- The paper presents a two-player zero-sum game framework between a Learner and an Auditor to enforce subgroup fairness in classifiers.
- The research develops FTPL and Fictitious Play algorithms that demonstrate theoretical convergence and practical efficiency in mitigating fairness gerrymandering.
- Empirical evaluations on the Communities and Crime dataset show that randomized classifiers can balance error and subgroup unfairness effectively.
Preventing Fairness Gerrymandering: Auditing and Learning for Subgroup Fairness
The paper "Preventing Fairness Gerrymandering: Auditing and Learning for Subgroup Fairness" (1711.05144) addresses potential shortcomings in common fairness definitions used in machine learning, such as statistical parity and equal opportunity constraints. It introduces new perspectives on subgroup fairness and offers rigorous exploration of solutions through auditing and learning, thereby addressing the problem of fairness gerrymandering in classifiers—a situation where apparent fairness on individual groups masks violations within structured subgroups.
Statistical and Individual Fairness
Statistical fairness notions usually enforce approximate parity of a chosen statistic (false positives/negatives, positive classification rate) across pre-defined demographic groups (e.g., race or gender-specific groups). While these definitions are useful because they do not assume characteristics about the population distribution, they are susceptible to fairness gerrymandering. This is when classifiers appear fair on major protected groups but violate fairness on certain combinations of protected attribute values, as illustrated by the given example where a classifier appears to satisfy parity for individual protected attributes but discriminates based on a combination of attributes (Figure 1).

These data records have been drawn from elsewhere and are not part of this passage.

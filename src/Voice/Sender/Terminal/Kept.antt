-- ===== src/Voice/Sender/Terminal/Kept.antt =====
-- crates/voicetastic-core/src/voice/sender.rs: the account of every send, kept by every step.
use voicetastic_core.Prelude.{
  ℕ, Bool, true, false, Option, none, some, List, ◌∷◌, ◌==◌, ==_iff, inl, inr, ◌≡◌, refl, sym, ap,
  ◌∙◌, Bool-cases, arith,
}
use voicetastic_core.Prelude.Assoc.{lookup, remove, update}
use voicetastic_core.Prelude.Assoc.Laws.{
  Distinct, number-IsTest, lookup-remove_self, lookup-remove_other, lookup-update_self,
  lookup-update_other, Distinct-remove,
}
use voicetastic_core.Voice.Assembler.State.{is_some}
use voicetastic_core.Voice.Sender.{
  SendStatus, complete, failed, is_terminal, status_id, VoiceSender, SendTask, is_active,
  new_sender,
}
use voicetastic_core.Voice.Sender.System.{System, init, ran}
use voicetastic_core.Voice.Sender.Terminal.Quiet.{terminals, IsQuiet}
use voicetastic_core.Voice.Sender.Terminal.Heard.{names}
use voicetastic_core.Voice.Sender.Terminal.Accounts.{moved, task_stops, task_completes, task_fails}
use voicetastic_core.Voice.Sender.Terminal.Moves.{
  is_ended, Account, unsent, Ran, quiet, stops, completes, fails,
}

abbrev pub stage : Option SendTask → Option Bool
stage none = none
stage (some t) = some (is_ended t.phase)

told_self :
    (id : ℕ) (e : SendStatus) (es : List SendStatus)
    → is_terminal e ≡ true
    → status_id e ≡ id
    → terminals id (e ∷ es) ≡ e ∷ terminals id es
unfolding terminals
told_self id e es t q = ground (arith, t, q)

told_other :
    (id : ℕ) (e : SendStatus) (es : List SendStatus)
    → (id == status_id e) ≡ false
    → terminals id (e ∷ es) ≡ terminals id es
unfolding terminals
told_other id e es q = ground (arith, q, Bool-cases (is_terminal e))

-- The entries, one for each active send, and what was told of every id.
pub record IsAccounted (y : System) : Type 0 where
  pub distinct : Distinct ◌==◌ y.sender.active
  pub held :
      (id : ℕ)
      → Account id
          (names id y.heard)
          (is_active id y.sender)
          (terminals id y.sender.emitted)
          (stage (lookup ◌==◌ id y.tasks))

pub init-IsAccounted : IsAccounted init
unfolding new_sender is_active lookup terminals
init-IsAccounted = record { distinct = tt; held = λ id. unsent refl refl refl refl }

-- A step that leaves the active entries and the terminal statuses.
pub quiet-IsAccounted :
    (y z : System)
    → IsQuiet y.sender z.sender
    → Distinct ◌==◌ y.sender.active
    → ((id : ℕ)
        → Account id
            (names id z.heard)
            (is_active id y.sender)
            (terminals id y.sender.emitted)
            (stage (lookup ◌==◌ id z.tasks)))
    → IsAccounted z
unfolding is_active
quiet-IsAccounted y z q d held = record {
  distinct = rw q.active d;
  held = λ id.
      let known = ap (λ m. is_some (lookup ◌==◌ id m)) q.active in
      moved refl known (q.told id) refl (held id);
}

-- An entry of the active sends that goes, with a terminal status of its id.
pub tell-IsAccounted :
    (y z : System) (j : ℕ) (e : SendStatus)
    → IsAccounted y
    → z.sender.active ≡ remove ◌==◌ j y.sender.active
    → z.sender.emitted ≡ e ∷ y.sender.emitted
    → is_terminal e ≡ true
    → status_id e ≡ j
    → ((id : ℕ)
        → (id == j) ≡ false
        → (names id z.heard ≡ names id y.heard)
          × (stage (lookup ◌==◌ id z.tasks) ≡ stage (lookup ◌==◌ id y.tasks)))
    → Account j
        (names j z.heard)
        false
        (e ∷ terminals j y.sender.emitted)
        (stage (lookup ◌==◌ j z.tasks))
    → IsAccounted z
unfolding is_active
tell-IsAccounted y z j e inv ra re te se other self = record {
  distinct = rw ra (Distinct-remove ◌==◌ number-IsTest j y.sender.active inv.distinct);
  held = λ id. elim (Bool-cases (id == j)) [
    | inl on ↦
        let same = (==_iff id j).0 on in
        let gone = lookup-remove_self ◌==◌ number-IsTest j y.sender.active inv.distinct in
        rw same (
          moved refl (ap (λ m. is_some (lookup ◌==◌ j m)) ra ∙ ap is_some gone)
            (ap (terminals j) re ∙ told_self j e y.sender.emitted te se) refl self)
    | inr off ↦
        let kept = lookup-remove_other ◌==◌ number-IsTest id j y.sender.active off in
        moved (other id off).0 (ap (λ m. is_some (lookup ◌==◌ id m)) ra ∙ ap is_some kept)
          (ap (terminals id) re ∙ told_other id e y.sender.emitted (rw se off)) (other id off).1
          (inv.held id)
  ];
}

stage-update_other :
    (id j : ℕ) (t : SendTask) (ts : List (ℕ × SendTask))
    → (id == j) ≡ false
    → stage (lookup ◌==◌ id (update ◌==◌ j t ts)) ≡ stage (lookup ◌==◌ id ts)
stage-update_other id j t ts off = ap stage (lookup-update_other ◌==◌ number-IsTest id j t ts off)

ran-held :
    (j : ℕ) (y : System) (t t' : SendTask)
    → lookup ◌==◌ j y.tasks ≡ some t
    → IsAccounted y
    → Account j
        (names j y.heard)
        (is_active j y.sender)
        (terminals j y.sender.emitted)
        (some (is_ended t'.phase))
    → (id : ℕ)
    → Account id
        (names id y.heard)
        (is_active id y.sender)
        (terminals id y.sender.emitted)
        (stage (lookup ◌==◌ id (update ◌==◌ j t' y.tasks)))
ran-held j y t t' found inv self id = elim (Bool-cases (id == j)) [
  | inl on ↦
      let after = ap stage (lookup-update_self ◌==◌ number-IsTest j t t' y.tasks found) in
      rw ((==_iff id j).0 on) (moved refl refl refl after self)
  | inr off ↦ moved refl refl refl (stage-update_other id j t' y.tasks off) (inv.held id)
]

-- A task that ends with a terminal status.
ended-IsAccounted :
    (j : ℕ) (y : System) (t t' : SendTask) (s : VoiceSender) (e : SendStatus)
    → lookup ◌==◌ j y.tasks ≡ some t
    → IsAccounted y
    → s.active ≡ remove ◌==◌ j y.sender.active
    → s.emitted ≡ e ∷ y.sender.emitted
    → is_terminal e ≡ true
    → status_id e ≡ j
    → is_ended t'.phase ≡ true
    → Account j (names j y.heard) false (e ∷ terminals j y.sender.emitted) (some true)
    → IsAccounted (ran j (s, t') y)
ended-IsAccounted j y t t' s e found inv ra re te se p self =
    let after = ap stage (lookup-update_self ◌==◌ number-IsTest j t t' y.tasks found) in
    tell-IsAccounted y (ran j (s, t') y) j e inv ra re te se
      (λ id off. (refl, stage-update_other id j t' y.tasks off))
      (moved refl refl refl (after ∙ ap some p) self)

pub runs-IsAccounted :
    (j : ℕ) (y : System) (t t' : SendTask) (s : VoiceSender)
    → lookup ◌==◌ j y.tasks ≡ some t
    → Ran j y.sender s t.phase t'.phase
    → IsAccounted y
    → IsAccounted (ran j (s, t') y)
unfolding is_terminal status_id
runs-IsAccounted j y t t' s found (quiet q p) inv =
    let before = ap stage found in
    let self = moved refl refl refl (ap some p ∙ sym before) (inv.held j) in
    quiet-IsAccounted y _ q inv.distinct (ran-held j y t t' found inv self)
runs-IsAccounted j y t t' s found (stops q off p) inv =
    let some_task : ¬ (stage (lookup ◌==◌ j y.tasks) ≡ none) = λ e. cc (e, ap stage found) in
    let self = moved refl off refl (ap some p) (task_stops off some_task (inv.held j)) in
    quiet-IsAccounted y _ q inv.distinct (ran-held j y t t' found inv self)
runs-IsAccounted j y t t' s found (completes on ra re p) inv =
    let self = task_completes on (inv.held j) in
    ended-IsAccounted j y t t' s (complete j) found inv ra re refl refl p self
runs-IsAccounted j y t t' s found (fails ra re p p') inv =
    let self = task_fails (ap stage found ∙ ap some p) (inv.held j) in
    ended-IsAccounted j y t t' s (failed j) found inv ra re refl refl p' self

Figure 1: Evolution of the error and unfairness of Learner's classifier across iterations, for varying choices of gamma. (a) Error t​ of Learner's model vs iteration t. (b) Unfairness gamma_t of subgroup found by Auditor vs. iteration t, as measured by Definition~\ref{fp-fair}.
Subgroup Fairness Challenge
This paper proposes associating fairness constraints with exponentially many structured subgroups defined by a class of functions instead of solely pre-defined demographic groups (e.g., based on race or gender). The work introduces a two-player zero-sum game framework between a Learner and an Auditor to find optimal subgroup-fair classifiers for large classes of decision rules, with the aim of enforcing fairness for a broader range of subgroups.
The computational problem of auditing a classifier for subgroup fairness is proven equivalent to weak agnostic learning for the family of group indicator functions, indicating worst-case computational hardness for simple natural classes such as boolean conjunctions and linear threshold functions. However, the reduction implies that practical heuristics employed in efficient machine learning can be used to solve the problem in practice, which presents opportunities for implementing approximate fair classifiers that are effective in real datasets.
Algorithm Development
The paper develops two algorithms for achieving subgroup fairness:
- Follow the Perturbed Leader (FTPL):
- Uses a strategy where a Learner plays the no-regret FTPL algorithm.
- The Auditor plays best response against the mixed strategy of the Learner.
- Theoretical guarantees are staged for convergence within a polynomial number of iterations, assuming the existence of CSC oracles.
- Fictitious Play Algorithm:
- Solves Fair ERM problem using iterative best responses by Learner and Auditor where each player best-responds to the empirical distribution of play over previous rounds.
- More practical due to simplicity and faster convergence in practice.
Empirical Evaluation
The practical application of these algorithms is demonstrated using the Communities and Crime dataset (Figure 2).

Figure 2: (a) Pareto-optimal error-unfairness values, color-coded by varying values of the input parameter gamma. (b) Aggregate Pareto frontier across all values of gamma. The gamma values cover a dense range for smoothing.
Empirical evaluation using Fictitious Play indicated effective computational performance on real datasets. The results suggested a convergence to a collection of randomized classifiers achieving a Pareto frontier of error-unfairness trade-offs (Figure 2). The paper postulates frequent occurrences in datasets of classifiers that pass one-dimensional statistical fairness tests while failing against richer multi-dimensional subgroup tests.

Figure 2: (a) Pareto-optimal error-unfairness values, color-coded by varying values of the input parameter gamma. (b) Aggregate Pareto frontier across all values of gamma. Here the gamma values cover the same range but are sampled more densely to get a smoother frontier. See text for details.
Conclusion
The study outlines a rigorous methodology to confront fairness gerrymandering in machine learning algorithms. By presenting subgroup fairness as a two-player zero-sum game between a Learner and an Auditor, the research not only highlights theoretical and computational challenges but also suggests pragmatic methods for achieving subgroup fairness. The effectiveness of these methods in real datasets promises significant applicability in various domains, pushing toward more equitable machine learning applications.